Is it East versus West
Or man against man?
Can any nation stand alone?
- Survivor, "Burning Heart"

I don't quote a song from one of the 15 or so montages in "Rocky IV" lightly. It's a metaphor that is inescapable as you watch what Nathan Chen accomplished last night in Beijing. 

One man. Trying to return to his former glory. Thousands of miles from home. In hostile territory. In the dead of winter. Surrounded by people rooting against him. Caught in the epicenter of worldwide events far beyond his control. All that was left for him to do was shut out the noise, summon the long-dormant inner strength that made him great in the first place, but that had seemed to run out for him. To face his competition with no fear. And win hearts and minds around the world. 

And that is exactly what Chen did. 

We of course all remember what happened in Pyeongchang, 2018. Chen has certainly lived in the shadows of it for four long, grueling years. A season that began with so much promise as he made history as the first skater ever to land FIVE quads in competition (lutz, flip, salchow, loop and toe loop), ended with him on the ice repeatedly in the Olympic Short Program, placing a disastrous 17th. And even though he came back to place first in the Free Skate (landing five out of six attempted quads), it was not enough to put him on the medal stand. 
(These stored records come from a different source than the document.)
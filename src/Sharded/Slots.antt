-- ===== src/Sharded/Slots.antt =====
-- The state that the eviction policies of src/sharded/eviction keep: `LruInner` and `FifoInner`
-- have the same fields. Indices into `nodes` take the place of pointers.
pub mod Claim
pub mod Links
pub mod Release
pub mod Update
pub mod Writes
pub mod Contents
pub mod Invariant
use test_thread_safe_lru_cac.Base.{ℕ, Option, none, some, List, get_elem?}
use test_thread_safe_lru_cac.Store.{Node}

-- The node in a slot: `nodes[i].as_ref().unwrap()`, where `none` is the panic of an index out of
-- bounds or of an empty slot.
unfoldable pub slot : {K V : Type 0} → List (Option (Node K V)) → ℕ → Option (Node K V)
slot nodes i = elim (get_elem? nodes i) [ none ↦ none | some o ↦ o ]

abbrev pub LruNode : Type 0 → Type 0 → Type 0
LruNode = Node

-- `available_slots` is a stack whose top, the end of the vector, stands first.
pub record LruInner (K V : Type 0) : Type 0 where
  pub map : List (K × ℕ)
  pub nodes : List (Option (LruNode K V))
  pub available_slots : List ℕ
  pub head : Option ℕ
  pub tail : Option ℕ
And with all that bearing down on his 22 year old shoulders, this 5-foot-5 1/2 warrior stood tall on the ice and did this:

Personally, I've been saying for a while now that if I never saw someone skate to “La Boheme" again, it would be too soon. But I take it back after this. The Quad King didn't skate to it; he perfected it. 

Chen's 113.97 puts him an incredible five points over the second place finisher, Kagiyama Yuma of Japan. Meanwhile his biggest competition, Yuma's teammate and 2018 Gold winner Yuzuru Hanyu, finished a disappointing eighth. Now I'll be the first to admit, Chen's work here is not done by any means. There's still the Free Skate on Wednesday, and the old Red Sox fan in me refuses to celebrate victory until that Gold is actually hanging from his neck. But in Skating terms, five points is Secretariat making the turn at the Belmont. And I have every confidence he too will increase his lead.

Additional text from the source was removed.